Im Vergleich zum früheren ist das heutige österreichische Zahnmedizinstudium sicher etwas schmalspuriger geworden. Dagegen sind unsere therapeutischen Möglichkeiten in den letzten Jahren immer komplexer geworden. Ebenso wie in Deutschland gab es früher die Parodontologie, Vollkeramikrestaurationen, Implantologie, CAD/CAM-Technik bestenfalls nur ansatzweise. In diesen Bereichen wäre eine vertiefte Ausbildung wünschenswert, diese ist aber oft aus Zeitgründen weder theoretisch noch praktisch durchführbar.
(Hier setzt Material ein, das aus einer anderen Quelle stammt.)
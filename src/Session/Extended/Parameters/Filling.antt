-- ===== src/Session/Extended/Parameters/Filling.antt =====
-- A statement with its placeholders filled: what `render_portal_sql` makes of it.
use exa_postgres_interface.Base.{
  ℕ, zero, suc, ◌+◌, ◌≤◌, ◌<◌, leb, true, false, Bool-cases, inl, inr, List, [], ◌∷◌, ◌++◌,
  if◌then◌else◌, Result, ok, ◌≡◌, refl, sym, ap, ◌∙◌, arith,
}
use exa_postgres_interface.Base.Text.{Text, is_ascii_digit, replace, replace_from}
use exa_postgres_interface.Session.Extended.{Portal, Decoding}
use exa_postgres_interface.Session.Extended.Parameters.{
  placeholder, render_from, render_portal_parameter, render_portal_sql,
}
use exa_postgres_interface.Session.Extended.Parameters.Replacing.{
  IsPlain, no_digit, replace_from-same, replace_from-smaller, replace_from-IsPlain,
}

-- The numbers of the placeholders of a statement, each with the text behind it.
abbrev pub Pieces : Type 0
Pieces = List (ℕ × Text)

-- The pieces with something for each placeholder.
abbrev pub fill : (ℕ → Text) → Pieces → Text
fill ρ [] = []
fill ρ ((n, c) ∷ ps) = ρ n ++ (c ++ fill ρ ps)

-- Something other than a digit stands behind each placeholder, if it is not the end of the statement.
abbrev IsSeparated : Text → Pieces → Type 0
IsSeparated [] [] = Unit {0}
IsSeparated [] (p ∷ ps) = false ≡ true
IsSeparated (c ∷ s) ps = is_ascii_digit c ≡ false

-- The pieces of a statement with placeholders from 1 up to `len`, and no other dollar sign.
abbrev pub IsTemplate : ℕ → Pieces → Type 0
IsTemplate len [] = Unit {0}
IsTemplate len ((n, c) ∷ ps) =
    (0 < n) × (n ≤ len) × IsPlain c × IsSeparated c ps × IsTemplate len ps

separated-no_digit :
    (ρ : ℕ → Text) (c : Text) (ps : Pieces) → IsSeparated c ps → no_digit (c ++ fill ρ ps) ≡ true
separated-no_digit ρ [] [] h = refl
separated-no_digit ρ [] (p ∷ ps) h = absurd (ground (arith, h))
separated-no_digit ρ (d ∷ c) ps h = rw h

module _ (v : ℕ → Text) where
  -- The placeholders above `idx` are filled.
  above : ℕ → ℕ → Text
  above idx n = if leb n idx then placeholder n else v n

  above_low : (idx n : ℕ) → leb n idx ≡ true → above idx n ≡ placeholder n
  unfolding above
  above_low idx n h = rw h

  above_high : (idx n : ℕ) → leb n idx ≡ false → above idx n ≡ v n
  unfolding above
  above_high idx n h = rw h

  -- A round of the loop fills the placeholders of one number.
  replace_from-fill :
      (len idx : ℕ) (ps : Pieces)
      → ((n : ℕ) → 0 < n → n ≤ len → IsPlain (v n))
      → IsTemplate len ps
      → replace_from 0 (placeholder (suc idx)) (v (suc idx)) (fill (above (suc idx)) ps)
        ≡ fill (above idx) ps
  replace_from-fill len idx [] plain h = refl
  replace_from-fill len idx ((n, c) ∷ ps) plain (low, high, c_plain, apart, h) =
      let k = suc idx in
      let rest = c ++ fill (above k) ps in
      let later : replace_from 0 (placeholder k) (v k) rest ≡ c ++ fill (above idx) ps =
        replace_from-IsPlain k (v k) c (fill (above k) ps) c_plain
        ∙ ap (λ t. c ++ t) (replace_from-fill len idx ps plain h) in
      elim (Bool-cases (leb n idx)) [
        | inl below ↦ rw (above_low k n (ground (arith, below))) (
            rw (above_low idx n below) (
              replace_from-smaller k n (v k) rest (ground (arith, below))
                (separated-no_digit (above k) c ps apart)
              ∙ ap (λ t. placeholder n ++ t) later))
        | inr over ↦ elim (Bool-cases (leb n k)) [
          | inl here ↦
              let e : n ≡ k = ground (arith, over, here) in
              rw (above_low k n here) (
                rw (above_high idx n over)
                  (rw e (replace_from-same k (v k) rest ∙ ap (λ t. v k ++ t) later)))
          | inr filled ↦ rw (above_high k n filled) (
              rw (above_high idx n over) (
                replace_from-IsPlain k (v k) (v n) rest (plain n low high)
                ∙ ap (λ t. v n ++ t) later))
        ]
      ]

  fill-above_all :
      (len bound : ℕ) (ps : Pieces)
      → len ≤ bound
      → IsTemplate len ps
      → fill (above bound) ps ≡ fill placeholder ps
  fill-above_all len bound [] l h = refl
  fill-above_all len bound ((n, c) ∷ ps) l (low, high, c_plain, apart, h) =
      rw (above_low bound n (ground (arith, high, l)))
        (ap (λ t. placeholder n ++ (c ++ t)) (fill-above_all len bound ps l h))

  fill-above_none : (len : ℕ) (ps : Pieces) → IsTemplate len ps → fill (above 0) ps ≡ fill v ps
  fill-above_none len [] h = refl
  fill-above_none len ((n, c) ∷ ps) (low, high, c_plain, apart, h) =
      rw (above_high 0 n (ground (arith, low)))
        (ap (λ t. v n ++ (c ++ t)) (fill-above_none len ps h))

  render_from-above :
      (value : ℕ → Result Text) (len idx : ℕ) (first : Text) (ps : Pieces)
      → idx ≤ len
      → ((i : ℕ) → i < len → value i ≡ ok (v (suc i)))
      → ((n : ℕ) → 0 < n → n ≤ len → IsPlain (v n))
      → IsPlain first
      → IsTemplate len ps
      → render_from value idx (first ++ fill (above idx) ps) ≡ ok (first ++ fill (above 0) ps)
  unfolding render_from replace
  render_from-above value len zero first ps l given plain f h = refl
  render_from-above value len (suc idx) first ps l given plain f h =
      let k : idx + 1 ≡ suc idx = omega arith in
      rw (given idx l, render_from)
        (rw k (
          rw (replace_from-IsPlain (suc idx) (v (suc idx)) first (fill (above (suc idx)) ps) f) (
            rw (replace_from-fill len idx ps plain h)
              (render_from-above value len idx first ps (omega (arith, l)) given plain f h))))

-- The statement of a portal whose dollar signs are all those of placeholders, numbered from 1 up to the
-- number of the portal's parameters and written without leading zeros, each at the end of the statement
-- or with a text behind it that does not begin with a digit or with another placeholder; the values
-- of the parameters are rendered without an error and hold no dollar sign. Every placeholder is replaced
-- by the value of its number, all at once, and nothing else is changed: the placeholder $1 is never seen
-- in $10.
pub render_portal_sql-fill :
    (d : Decoding) (portal : Portal) (v : ℕ → Text) (first : Text) (ps : Pieces)
    → portal.statement.statement ≡ first ++ fill placeholder ps
    → ((i : ℕ) → i < portal.parameter_len → render_portal_parameter d portal i ≡ ok (v (suc i)))
    → ((n : ℕ) → 0 < n → n ≤ portal.parameter_len → IsPlain (v n))
    → IsPlain first
    → IsTemplate portal.parameter_len ps
    → render_portal_sql d portal ≡ ok (first ++ fill v ps)
unfolding render_portal_sql
render_portal_sql-fill d portal v first ps e given plain f h =
    let len = portal.parameter_len in
    let value = render_portal_parameter d portal in
    ap (λ s. render_from value len s)
      (e ∙ ap (λ t. first ++ t) (sym (fill-above_all v len len ps (omega arith) h)))
    ∙ render_from-above v value len len first ps (omega arith) given plain f h
    ∙ ap (λ t. ok (first ++ t)) (fill-above_none v len ps h)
Eine spürbare Veränderung ergab sich hinsichtlich des Umgangs und der Einstellung der Studierenden zum Patienten. Man merkt deutlich, dass die Studenten mehrheitlich keine Ärzte sind. Während früher das Engagement für die Gesamtbedürfnisse des Patienten viel größer war, wird der Patient heute mehr als Lehrobjekt gesehen und notwendige Behandlungen oft sinnlos prolongiert, weil man eine bestimmte Leistung vielleicht nicht mehr benötigt. Auch der Wille der Studierenden, schwierige Patienten zu übernehmen, ist gesunken. Ob damit die Vorbereitung für die eigene Praxis ausreichend ist, ist fraglich.
Dies ist umso gravierender, als man in Österreich nach Abschluss des Studiums sofort eine Niederlassungsberechtigung erhält. Ein verpflichtendes Praxisjahr, in dem Defizite der studentischen Ausbildung unter Supervision eines erfahrenen Kollegen ausgeglichen werden können, ist bei uns derzeit nicht vorgesehen.
Man ist oft geneigt zu sagen, früher sei alles besser gewesen. Wenn ich die zahnärztliche Ausbildung in Österreich betrachte, dann ist sie aus meiner Sicht früher tatsächlich besser gewesen. Nach Beendigung der Ausbildung war man viel eher als heute fähig, den zahnärztlichen Beruf auszuüben. Allerdings war die Zahnmedizin in der damaligen Zeit doch weniger komplex als heute.
Es ist mit keinem bestehenden Ausbildungskonzept möglich, alle von außen an das Zahnmedizinstudium gestellten Anforderungen gleichzeitig zu erfüllen. Nämlich ein möglichst kurzes Studium, bei dem aber alle Fachbereiche vollständig gelehrt werden, mit einer möglichst praxisnahen zahnärztlichen Ausbildung zu verbinden und dieses gleichzeitig mit möglichst vielen medizinischen Inhalten zu verknüpfen.
Ich halte den mit der in Deutschland vorgesehenen neuen Approbationsordnung geplanten Weg für den derzeit besten Kompromiss. Die rein handwerklichen Fähigkeiten allein zu beherrschen, ist nicht mehr ausreichend, um schwierige Patienten adäquat versorgen zu können, und diese wird es in Zukunft durch die demographische Entwicklung immer häufiger geben. Möglichst viel medizinisches Wissen ist sicher hilfreich, um für die Herausforderungen der Zukunft gerüstet zu sein.